**Requirement**
Find how many lines in the data below include the word "pick", then write only that number.

Extracted entries section start

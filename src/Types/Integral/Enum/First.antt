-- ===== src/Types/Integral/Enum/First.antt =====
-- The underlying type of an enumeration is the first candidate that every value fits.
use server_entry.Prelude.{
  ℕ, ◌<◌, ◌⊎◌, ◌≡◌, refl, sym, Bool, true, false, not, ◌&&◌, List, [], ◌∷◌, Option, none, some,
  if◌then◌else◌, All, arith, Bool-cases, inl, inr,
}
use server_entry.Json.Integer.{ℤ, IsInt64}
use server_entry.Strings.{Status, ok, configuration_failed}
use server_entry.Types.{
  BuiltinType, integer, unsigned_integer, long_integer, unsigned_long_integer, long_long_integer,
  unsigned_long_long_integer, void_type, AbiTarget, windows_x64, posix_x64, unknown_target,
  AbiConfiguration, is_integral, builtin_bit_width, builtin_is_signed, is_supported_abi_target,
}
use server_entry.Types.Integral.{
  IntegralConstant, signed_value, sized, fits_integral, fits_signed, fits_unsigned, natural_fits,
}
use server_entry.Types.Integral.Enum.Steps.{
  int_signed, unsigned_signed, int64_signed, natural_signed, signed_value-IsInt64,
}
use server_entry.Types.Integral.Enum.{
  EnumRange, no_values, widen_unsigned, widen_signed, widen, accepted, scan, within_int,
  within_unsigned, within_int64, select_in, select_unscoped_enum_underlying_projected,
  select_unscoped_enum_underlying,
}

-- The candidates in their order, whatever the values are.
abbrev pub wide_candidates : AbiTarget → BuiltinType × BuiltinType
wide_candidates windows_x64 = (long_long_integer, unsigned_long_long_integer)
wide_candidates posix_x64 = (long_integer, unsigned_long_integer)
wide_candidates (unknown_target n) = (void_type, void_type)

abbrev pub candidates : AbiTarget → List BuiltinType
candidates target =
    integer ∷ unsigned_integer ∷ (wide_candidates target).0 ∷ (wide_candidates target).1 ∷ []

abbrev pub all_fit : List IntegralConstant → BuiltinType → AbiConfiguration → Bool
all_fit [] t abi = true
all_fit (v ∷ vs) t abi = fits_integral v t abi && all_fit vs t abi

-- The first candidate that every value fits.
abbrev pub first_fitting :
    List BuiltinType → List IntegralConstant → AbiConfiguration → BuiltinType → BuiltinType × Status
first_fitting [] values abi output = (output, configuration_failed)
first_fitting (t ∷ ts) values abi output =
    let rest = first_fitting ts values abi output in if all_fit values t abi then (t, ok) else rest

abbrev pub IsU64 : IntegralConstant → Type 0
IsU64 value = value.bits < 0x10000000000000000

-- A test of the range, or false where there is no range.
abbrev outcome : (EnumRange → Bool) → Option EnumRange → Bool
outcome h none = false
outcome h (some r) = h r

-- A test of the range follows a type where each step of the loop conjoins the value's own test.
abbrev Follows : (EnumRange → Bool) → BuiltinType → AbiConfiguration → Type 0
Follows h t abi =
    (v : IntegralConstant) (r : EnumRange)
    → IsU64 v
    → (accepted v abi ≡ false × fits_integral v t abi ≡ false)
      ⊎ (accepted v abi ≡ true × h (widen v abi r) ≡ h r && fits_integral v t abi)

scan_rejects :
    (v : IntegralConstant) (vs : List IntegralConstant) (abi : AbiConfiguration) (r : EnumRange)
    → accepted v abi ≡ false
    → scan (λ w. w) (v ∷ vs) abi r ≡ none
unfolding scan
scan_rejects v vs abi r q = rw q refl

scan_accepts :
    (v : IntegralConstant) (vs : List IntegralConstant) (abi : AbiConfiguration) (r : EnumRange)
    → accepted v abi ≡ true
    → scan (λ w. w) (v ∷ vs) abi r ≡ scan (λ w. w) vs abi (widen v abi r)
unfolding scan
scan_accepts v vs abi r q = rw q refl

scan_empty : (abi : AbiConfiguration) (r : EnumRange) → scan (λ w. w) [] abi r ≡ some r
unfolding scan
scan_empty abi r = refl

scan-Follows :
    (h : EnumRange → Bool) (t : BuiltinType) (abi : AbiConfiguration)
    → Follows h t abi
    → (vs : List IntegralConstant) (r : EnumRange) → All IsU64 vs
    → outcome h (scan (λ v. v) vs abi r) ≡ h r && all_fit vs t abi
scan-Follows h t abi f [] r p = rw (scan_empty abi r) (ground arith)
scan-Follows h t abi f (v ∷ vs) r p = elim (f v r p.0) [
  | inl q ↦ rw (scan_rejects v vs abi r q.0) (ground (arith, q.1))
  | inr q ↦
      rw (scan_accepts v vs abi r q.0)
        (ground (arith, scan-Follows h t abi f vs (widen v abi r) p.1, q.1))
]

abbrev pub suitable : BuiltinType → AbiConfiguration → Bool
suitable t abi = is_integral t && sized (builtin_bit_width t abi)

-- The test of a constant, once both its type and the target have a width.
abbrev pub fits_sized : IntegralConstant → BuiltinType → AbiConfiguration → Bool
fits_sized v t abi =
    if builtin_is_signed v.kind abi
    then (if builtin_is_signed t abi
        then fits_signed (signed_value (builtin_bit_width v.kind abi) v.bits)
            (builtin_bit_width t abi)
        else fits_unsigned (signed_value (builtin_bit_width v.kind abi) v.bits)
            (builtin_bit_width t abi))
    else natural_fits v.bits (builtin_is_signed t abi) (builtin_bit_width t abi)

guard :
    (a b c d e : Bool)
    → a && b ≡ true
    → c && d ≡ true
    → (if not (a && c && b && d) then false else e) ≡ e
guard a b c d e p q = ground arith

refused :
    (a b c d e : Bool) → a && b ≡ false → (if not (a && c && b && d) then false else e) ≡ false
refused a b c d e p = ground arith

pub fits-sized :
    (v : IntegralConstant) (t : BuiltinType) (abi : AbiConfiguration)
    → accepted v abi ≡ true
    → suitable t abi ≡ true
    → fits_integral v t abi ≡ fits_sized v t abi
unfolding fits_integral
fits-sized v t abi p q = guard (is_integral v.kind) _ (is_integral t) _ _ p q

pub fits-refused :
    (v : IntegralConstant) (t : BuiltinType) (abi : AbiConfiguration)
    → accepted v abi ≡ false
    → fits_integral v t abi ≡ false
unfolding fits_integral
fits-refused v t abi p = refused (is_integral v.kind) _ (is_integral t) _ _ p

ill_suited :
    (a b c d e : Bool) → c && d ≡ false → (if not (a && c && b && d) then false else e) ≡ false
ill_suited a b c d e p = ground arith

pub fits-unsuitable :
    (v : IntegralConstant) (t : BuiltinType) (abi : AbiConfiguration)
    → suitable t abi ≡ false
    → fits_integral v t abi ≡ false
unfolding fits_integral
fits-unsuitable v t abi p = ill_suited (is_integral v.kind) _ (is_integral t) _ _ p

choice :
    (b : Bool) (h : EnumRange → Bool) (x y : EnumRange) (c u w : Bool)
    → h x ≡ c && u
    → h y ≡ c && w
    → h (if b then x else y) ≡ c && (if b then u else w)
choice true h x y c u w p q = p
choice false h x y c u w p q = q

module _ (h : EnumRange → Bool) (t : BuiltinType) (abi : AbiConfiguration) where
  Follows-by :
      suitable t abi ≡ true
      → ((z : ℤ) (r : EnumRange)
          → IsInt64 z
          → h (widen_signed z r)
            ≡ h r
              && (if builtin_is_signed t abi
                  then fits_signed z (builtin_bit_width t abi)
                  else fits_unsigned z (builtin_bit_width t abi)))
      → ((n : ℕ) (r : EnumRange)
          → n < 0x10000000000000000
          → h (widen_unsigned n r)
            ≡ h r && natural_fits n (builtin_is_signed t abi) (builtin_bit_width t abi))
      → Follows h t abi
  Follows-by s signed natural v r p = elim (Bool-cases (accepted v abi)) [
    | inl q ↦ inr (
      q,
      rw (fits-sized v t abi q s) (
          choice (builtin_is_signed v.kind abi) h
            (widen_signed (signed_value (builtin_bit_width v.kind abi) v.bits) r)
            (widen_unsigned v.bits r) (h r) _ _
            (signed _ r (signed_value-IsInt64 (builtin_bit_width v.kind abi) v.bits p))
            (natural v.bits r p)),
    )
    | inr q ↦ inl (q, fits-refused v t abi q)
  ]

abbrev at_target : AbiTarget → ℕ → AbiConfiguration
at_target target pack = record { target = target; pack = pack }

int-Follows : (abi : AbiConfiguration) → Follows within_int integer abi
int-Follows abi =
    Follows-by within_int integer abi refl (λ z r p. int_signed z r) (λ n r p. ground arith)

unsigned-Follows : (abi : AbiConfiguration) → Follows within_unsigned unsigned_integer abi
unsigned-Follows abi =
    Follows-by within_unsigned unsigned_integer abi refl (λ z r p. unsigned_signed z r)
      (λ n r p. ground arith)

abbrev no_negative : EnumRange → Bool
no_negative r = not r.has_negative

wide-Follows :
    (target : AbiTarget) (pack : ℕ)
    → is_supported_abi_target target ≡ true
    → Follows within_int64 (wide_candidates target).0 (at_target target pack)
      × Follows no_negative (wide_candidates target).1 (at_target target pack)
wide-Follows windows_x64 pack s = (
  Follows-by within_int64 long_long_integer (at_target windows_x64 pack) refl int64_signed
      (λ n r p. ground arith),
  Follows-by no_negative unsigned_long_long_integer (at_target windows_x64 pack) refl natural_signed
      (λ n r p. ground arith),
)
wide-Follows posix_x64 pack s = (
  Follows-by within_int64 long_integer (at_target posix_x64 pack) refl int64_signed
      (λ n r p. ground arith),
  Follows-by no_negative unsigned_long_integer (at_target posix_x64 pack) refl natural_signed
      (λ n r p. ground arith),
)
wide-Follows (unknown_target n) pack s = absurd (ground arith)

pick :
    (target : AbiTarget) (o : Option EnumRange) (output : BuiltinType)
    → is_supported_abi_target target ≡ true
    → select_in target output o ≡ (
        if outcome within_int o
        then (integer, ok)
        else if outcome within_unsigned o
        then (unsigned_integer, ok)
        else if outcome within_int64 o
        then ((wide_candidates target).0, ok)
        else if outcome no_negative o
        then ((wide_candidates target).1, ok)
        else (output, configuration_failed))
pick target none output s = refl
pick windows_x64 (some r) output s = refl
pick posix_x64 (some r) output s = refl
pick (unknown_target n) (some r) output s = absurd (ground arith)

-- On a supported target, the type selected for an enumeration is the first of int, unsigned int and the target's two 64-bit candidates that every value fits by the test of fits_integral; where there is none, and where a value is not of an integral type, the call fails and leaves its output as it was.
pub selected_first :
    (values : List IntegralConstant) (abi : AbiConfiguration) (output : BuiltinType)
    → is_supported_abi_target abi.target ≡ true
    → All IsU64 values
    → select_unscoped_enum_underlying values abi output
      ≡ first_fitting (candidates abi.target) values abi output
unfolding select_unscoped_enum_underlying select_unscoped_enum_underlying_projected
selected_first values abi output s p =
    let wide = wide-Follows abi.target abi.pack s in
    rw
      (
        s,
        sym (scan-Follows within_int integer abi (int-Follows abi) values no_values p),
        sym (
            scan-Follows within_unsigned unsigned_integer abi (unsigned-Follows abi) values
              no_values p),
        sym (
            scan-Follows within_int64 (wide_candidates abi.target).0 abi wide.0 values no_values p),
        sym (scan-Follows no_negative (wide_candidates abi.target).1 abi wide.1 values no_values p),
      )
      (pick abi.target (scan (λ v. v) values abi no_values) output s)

Extracted entries section end

**Solution**
6